Extract the complete data exactly as given.
==================================================
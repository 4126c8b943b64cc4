-- ===== src/Lib.antt =====
-- The backend of LumenLiquid: an indexer that decodes contract events into Postgres and Redis, a
-- keeper that watches trades and limit orders and executes what is due, and a WebSocket gateway that
-- shows clients their open trades.
--
-- How the parts interact. The indexer (cmd/indexer/main.go) polls the RPC node; a raw event is
-- decoded (internal/soroban/scval.go, then internal/events/decode.go) to a typed event. The event is
-- applied to the database (internal/store/store.go), and through Redis to the keeper's watched state
-- (internal/keeper/state.go) and to the gateway's cache (internal/wsgateway/cache.go). On each price
-- the detector (internal/keeper/detector.go) reads the watched state, with the mathematics of
-- internal/keeper/math.go, and returns actions, which the executor (internal/keeper/executor.go)
-- queues, simulates and sends. A change of the cache is broadcast by the hub
-- (internal/wsgateway/hub.go) to the clients that are subscribed.
--
-- Prices come from Binance: the keeper's client (internal/keeper/binance.go) fills a channel that the
-- loop of cmd/keeper/main.go empties into the executor's queue, and the gateway's feed
-- (internal/wsgateway/pricefeed.go) broadcasts them. cmd/api/main.go serves the tables over HTTP and
-- opens the sockets of the hub; cmd/pair-indexer/main.go copies the registry contract into the tables
-- of pairs. All calls of the node go through internal/soroban/client.go.
--
-- The files:
--   Base        shared helpers: integers with Go's truncating division and conversions (Int), texts as
--               lists of code points with decimal printing and parsing (Text), ASCII string functions
--               (Strings), parts of lists (Slices), sorting (Sort), times (Time), association maps (Assoc)
--   Soroban     scval.go (Soroban/ScVal, its wide integers in Wide): `Native` and the integer helpers;
--               client.go (Soroban/Client)
--   Events      decode.go: the typed event (Events), `Decode` and its parts (Events/Decode)
--   Keeper      math.go (Keeper/Math), state.go (Keeper/State), detector.go (Keeper/Detector),
--               executor.go (Keeper/Executor), binance.go (Keeper/Binance) and the price loop of
--               cmd/keeper/main.go (Keeper/HotPath), each with its theorems in the files below it
--   Indexer     cmd/indexer/main.go: the start position and one round of polling
--   PairIndexer cmd/pair-indexer/main.go: the retries of a contract call and the loop over the pairs
--   Store       store.go: the tables, the projections by contract, and the theorems on them
--   Wsgateway   cache.go (Wsgateway/Cache, Wsgateway/Slices, Wsgateway/Fees), hub.go (Wsgateway/Hub),
--               client.go (Wsgateway/Pump) and pricefeed.go (Wsgateway/PriceFeed)
--   Api         cmd/api/main.go: trading history (Api/History), pairs and groups (Api/Pairs), open
--               trades (Api/Trades) and the sockets (Api/Sockets)
--   Tests       the theorems at concrete inputs
--
-- Conventions. A Go function `pendKey` is `pend_key` here, a struct is a record with the source's
-- fields, a pointer that may be nil is an `Option`, a `*big.Int` is an integer, an error result is
-- `none` or a constructor. A Go map is an association list; a method under a mutex is one step. A
-- panic of the hub is `none`. Loops run over finite lists, such as the messages of a session, and the
-- ticker of the executor is a list of attempts, one for each answer of the node. Fuel stands in two
-- places: a contract call has the six attempts of the source, and the client that follows the pages
-- of the trading history needs one request more than there are trades, which is proved enough.
--
-- What the database and pgx do is written out: a query that fails, a row that cannot be scanned, which
-- ends the loop over the rows, and, as the parameter `accepts`, a position that the indexer cannot
-- write.
--
-- Not modelled: network connections, JSON, logging, routing and the start of the programs under cmd,
-- which call libraries; the drivers that only run SQL files or call the decoder and the store
-- (cmd/migrate, cmd/indexer-replay). The network and JSON appear as the records `Transport`, `Json`
-- and `Registry`, the command line tool of cmd/pair-indexer as a function of the attempt, the clock's
-- texts as `Rfc3339`; the Stellar SDK, which builds and signs transactions, is the record `Chain`, and
-- base64, XDR and strkey are the record `Codec`.
pub mod Base
pub mod Soroban
pub mod Events
pub mod Keeper
pub mod Store
pub mod Indexer
pub mod Wsgateway
pub mod Api
pub mod PairIndexer
pub mod Tests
==================================================
EXERCISE RESULT:
repository 4126c8b943b64cc4
-- ===== src/Lib.antt =====
-- The backend of LumenLiquid: an indexer that decodes contract events into Postgres and Redis, a
-- keeper that watches trades and limit orders and executes what is due, and a WebSocket gateway that
-- shows clients their open trades.
--
-- How the parts interact. The indexer (cmd/indexer/main.go) polls the RPC node; a raw event is
-- decoded (internal/soroban/scval.go, then internal/events/decode.go) to a typed event. The event is
-- applied to the database (internal/store/store.go), and through Redis to the keeper's watched state
-- (internal/keeper/state.go) and to the gateway's cache (internal/wsgateway/cache.go). On each price
-- the detector (internal/keeper/detector.go) reads the watched state, with the mathematics of
-- internal/keeper/math.go, and returns actions, which the executor (internal/keeper/executor.go)
-- queues, simulates and sends. A change of the cache is broadcast by the hub
-- (internal/wsgateway/hub.go) to the clients that are subscribed.
--
-- Prices come from Binance: the keeper's client (internal/keeper/binance.go) fills a channel that the
-- loop of cmd/keeper/main.go empties into the executor's queue, and the gateway's feed
-- (internal/wsgateway/pricefeed.go) broadcasts them. cmd/api/main.go serves the tables over HTTP and
-- opens the sockets of the hub; cmd/pair-indexer/main.go copies the registry contract into the tables
-- of pairs. All calls of the node go through internal/soroban/client.go.
--
-- The files:
--   Base        shared helpers: integers with Go's truncating division and conversions (Int), texts as
--               lists of code points with decimal printing and parsing (Text), ASCII string functions
--               (Strings), parts of lists (Slices), sorting (Sort), times (Time), association maps (Assoc)
--   Soroban     scval.go (Soroban/ScVal, its wide integers in Wide): `Native` and the integer helpers;
--               client.go (Soroban/Client)
--   Events      decode.go: the typed event (Events), `Decode` and its parts (Events/Decode)
--   Keeper      math.go (Keeper/Math), state.go (Keeper/State), detector.go (Keeper/Detector),
--               executor.go (Keeper/Executor), binance.go (Keeper/Binance) and the price loop of
--               cmd/keeper/main.go (Keeper/HotPath), each with its theorems in the files below it
--   Indexer     cmd/indexer/main.go: the start position and one round of polling
--   PairIndexer cmd/pair-indexer/main.go: the retries of a contract call and the loop over the pairs
--   Store       store.go: the tables, the projections by contract, and the theorems on them
--   Wsgateway   cache.go (Wsgateway/Cache, Wsgateway/Slices, Wsgateway/Fees), hub.go (Wsgateway/Hub),
--               client.go (Wsgateway/Pump) and pricefeed.go (Wsgateway/PriceFeed)
--   Api         cmd/api/main.go: trading history (Api/History), pairs and groups (Api/Pairs), open
--               trades (Api/Trades) and the sockets (Api/Sockets)
--   Tests       the theorems at concrete inputs
--
-- Conventions. A Go function `pendKey` is `pend_key` here, a struct is a record with the source's
-- fields, a pointer that may be nil is an `Option`, a `*big.Int` is an integer, an error result is
-- `none` or a constructor. A Go map is an association list; a method under a mutex is one step. A
-- panic of the hub is `none`. Loops run over finite lists, such as the messages of a session, and the
-- ticker of the executor is a list of attempts, one for each answer of the node. Fuel stands in two
-- places: a contract call has the six attempts of the source, and the client that follows the pages
-- of the trading history needs one request more than there are trades, which is proved enough.
--
-- What the database and pgx do is written out: a query that fails, a row that cannot be scanned, which
-- ends the loop over the rows, and, as the parameter `accepts`, a position that the indexer cannot
-- write.
--
-- Not modelled: network connections, JSON, logging, routing and the start of the programs under cmd,
-- which call libraries; the drivers that only run SQL files or call the decoder and the store
-- (cmd/migrate, cmd/indexer-replay). The network and JSON appear as the records `Transport`, `Json`
-- and `Registry`, the command line tool of cmd/pair-indexer as a function of the attempt, the clock's
-- texts as `Rfc3339`; the Stellar SDK, which builds and signs transactions, is the record `Chain`, and
-- base64, XDR and strkey are the record `Codec`.
pub mod Base
pub mod Soroban
pub mod Events
pub mod Keeper
pub mod Store
pub mod Indexer
pub mod Wsgateway
pub mod Api
pub mod PairIndexer
pub mod Tests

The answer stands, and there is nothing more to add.